Hundreds posted comments on social media in response to the video.

“I won’t get into how unsurprised I am that this happened at VGH,” wrote policy analyst and disability rights activist Gabrielle Peters. “I’m so happy that Miriam told them to get lost. You shouldn’t need to be a spitfire like Miriam not to be put to death but in my experience the quiet, nice and less confident folks struggle in these situations.”

Others said “being offered something is very different from encouraging, pushing, menacing, etc. People wanted (MAID) to be readily available, so let’s make adjustments and keep things in perspective.

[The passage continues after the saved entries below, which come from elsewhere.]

-- ===== src/Agent/Fields.antt =====
-- The fields of a listed node.
use asl3_api.Prelude.{
  String, Bool, true, false, Option, none, List, [], ◌∷◌, Dict, get, put, has, get-put, All, ◌≡◌,
  arith, Bool-cases, inl, inr, eq_iff,
}
use asl3_api.Models.{DirectLink}
use asl3_api.Directory.{NodeCache, enrich_node_list, enrich, info_of, entry_at, node_key}
use asl3_api.Agent.Health.{node_dicts, set_default, with_defaults, listed_nodes}

-- The fields that a listed node always has.
abbrev pub HasFields : Dict (Option String) → Type 0
HasFields d = (has d "callsign" ≡ true) × (has d "description" ≡ true) × (has d "location" ≡ true)

has-put :
    (d : Dict (Option String)) (k j : String) (v : Option String)
    → has d j ≡ true
    → has (put d k v) j ≡ true
has-put d k j v h = ground (arith, get-put d k j v)

has-put_same :
    (d : Dict (Option String)) (k : String) (v : Option String) → has (put d k v) k ≡ true
has-put_same d k v = ground (arith, get-put d k k v, eq_iff k k)

has-set_default_same : (d : Dict (Option String)) (k : String) → has (set_default d k) k ≡ true
has-set_default_same d k = elim (Bool-cases (has d k)) [
  | inl there ↦ rw there there
  | inr missing ↦ rw missing (has-put_same d k none)
]

has-set_default :
    (d : Dict (Option String)) (k j : String) → has d j ≡ true → has (set_default d k) j ≡ true
has-set_default d k j h = elim (Bool-cases (has d k)) [
  | inl there ↦ rw there h
  | inr missing ↦ rw missing (has-put d k j none h)
]

with_defaults-HasFields : (ds : List (Dict (Option String))) → All HasFields (with_defaults ds)
with_defaults-HasFields [] = tt
with_defaults-HasFields (d ∷ ds) =
    let one = set_default d "callsign" in
    let two = set_default one "description" in
    (
      (
        has-set_default two "location" "callsign"
            (has-set_default one "description" "callsign" (has-set_default_same d "callsign")),
        has-set_default two "location" "description" (has-set_default_same one "description"),
        has-set_default_same two "location",
      ),
      with_defaults-HasFields ds,
    )

enrich_node_list-HasFields :
    (c : NodeCache) (ds : List (Dict (Option String))) → All HasFields (enrich_node_list c ds)
unfolding enrich_node_list enrich
enrich_node_list-HasFields c [] = tt
enrich_node_list-HasFields c (d ∷ ds) =
    let info = info_of "" (entry_at c (node_key (get d "node"))) in
    let one = put d "callsign" info.callsign in
    let two = put one "description" info.description in
    (
      (
        has-put two "location" "callsign" info.location (
            has-put one "description" "callsign" info.description
              (has-put_same d "callsign" info.callsign)),
        has-put two "location" "description" info.location
            (has-put_same one "description" info.description),
        has-put_same two "location" info.location,
      ),
      enrich_node_list-HasFields c ds,
    )

-- Every node that `GET /nodes` lists has the fields "callsign", "description" and "location", whether
-- it is enriched or not, as the route's documentation promises.
pub listed_nodes-HasFields :
    (fields_of : DirectLink → Dict (Option String)) (enrich : Bool) (c : NodeCache)
    (links : List DirectLink)
    → All HasFields (listed_nodes fields_of enrich c links)
unfolding listed_nodes
listed_nodes-HasFields fields_of true c links =
    enrich_node_list-HasFields c (node_dicts fields_of links)
listed_nodes-HasFields fields_of false c links =
    with_defaults-HasFields (node_dicts fields_of links)
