-- ===== src/Agent/Lifespan.antt =====
-- `lifespan` of asl_agent.py: what it calls, in which order, when calls raise.
use asl3_api.Prelude.{
  ℕ, Bool, true, false, not, ◌&&◌, List, [], ◌∷◌, ◌++◌, any, ◌==◌, if◌then◌else◌, ◌≡◌, arith,
}

pub data Step : Type 0 where
  validates_config starts_runtime connects_client starts_handler starts_directory starts_listener
        starts_monitoring serves :
      Step
  closes_runtime stops_monitoring stops_listener stops_handler stops_directory disconnects_client :
      Step

abbrev pub number_of : Step → ℕ
number_of validates_config = 0
number_of starts_runtime = 1
number_of connects_client = 2
number_of starts_handler = 3
number_of starts_directory = 4
number_of starts_listener = 5
number_of starts_monitoring = 6
number_of serves = 7
number_of closes_runtime = 8
number_of stops_monitoring = 9
number_of stops_listener = 10
number_of stops_handler = 11
number_of stops_directory = 12
number_of disconnects_client = 13

abbrev pub has_step : Step → List Step → Bool
has_step s = any (λ t. number_of t == number_of s)

-- `fails` says which calls raise.
module _ (fails : Step → Bool) where
  -- A block: the calls up to the first that raises.
  abbrev pub block : List Step → List Step
  block [] = []
  block (s ∷ rest) = let later = block rest in if fails s then s ∷ [] else s ∷ later

  abbrev pub before_serving : Bool → List Step
  before_serving webhooks_enabled =
      if webhooks_enabled then starts_monitoring ∷ serves ∷ [] else serves ∷ []

  -- The `try`. An exception of the client's connection is caught.
  unfoldable pub body : Bool → List Step
  body webhooks_enabled =
      connects_client
      ∷ block
          (starts_handler ∷ starts_directory ∷ starts_listener ∷ before_serving webhooks_enabled)

  -- The `finally`; the monitoring task is stopped if it was created.
  unfoldable pub cleanup : Bool → List Step
  cleanup monitoring = block (
      closes_runtime
      ∷ ((if monitoring then stops_monitoring ∷ [] else [])
          ++ stops_listener ∷ stops_handler ∷ stops_directory ∷ disconnects_client ∷ []))

  -- The calls of a lifespan, the failed ones included.
  unfoldable pub lifespan : Bool → List Step
  unfolding body cleanup
  lifespan webhooks_enabled =
      if fails validates_config
      then validates_config ∷ []
      else if fails starts_runtime
      then validates_config ∷ starts_runtime ∷ []
      else validates_config
        ∷ starts_runtime
        ∷ (body webhooks_enabled
            ++ cleanup (
                has_step starts_monitoring (body webhooks_enabled)
                && not (fails starts_monitoring)))

  abbrev pub is_started : Bool
  is_started = not (fails validates_config) && not (fails starts_runtime)

  -- The monitoring task was created.
  abbrev pub is_monitored : Bool → Bool
  is_monitored webhooks_enabled =
      webhooks_enabled
      && not
          (any fails (starts_handler ∷ starts_directory ∷ starts_listener ∷ starts_monitoring ∷ []))

  -- The AMI connection is opened only after the configuration was validated and the runtime started,
  -- and exactly then the runtime is closed, whatever raises. The cleanup reaches its end, where the
  -- client disconnects, exactly when none of its calls before that raises, whatever raised earlier.
  pub lifespan_cleanup :
      (webhooks_enabled : Bool)
      → (has_step connects_client (lifespan webhooks_enabled) ≡ is_started)
        × (has_step closes_runtime (lifespan webhooks_enabled) ≡ is_started)
        × (has_step disconnects_client (lifespan webhooks_enabled)
            ≡ is_started
              && (not (is_monitored webhooks_enabled && fails stops_monitoring)
                  && not (
                      any fails
                        (closes_runtime ∷ stops_listener ∷ stops_handler ∷ stops_directory ∷ []))))
  unfolding lifespan body cleanup
  lifespan_cleanup true = (ground arith, ground arith, ground arith)
  lifespan_cleanup false = (ground arith, ground arith, ground arith)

“My only knowledge of anyone receiving MAID comes from a hospital in (northern) Alberta,” Saskatchewan farmer Pat Kunz wrote. “He had terminal cancer. HE HAD TO ASK! Staff there are not allowed to initiate the conversation.”

But Weaver said her mother was not in an end-of-life situation.  

“What’s next? If we’re going to euthanize people who are in pain, if we’re going to euthanize seniors, where does it stop?”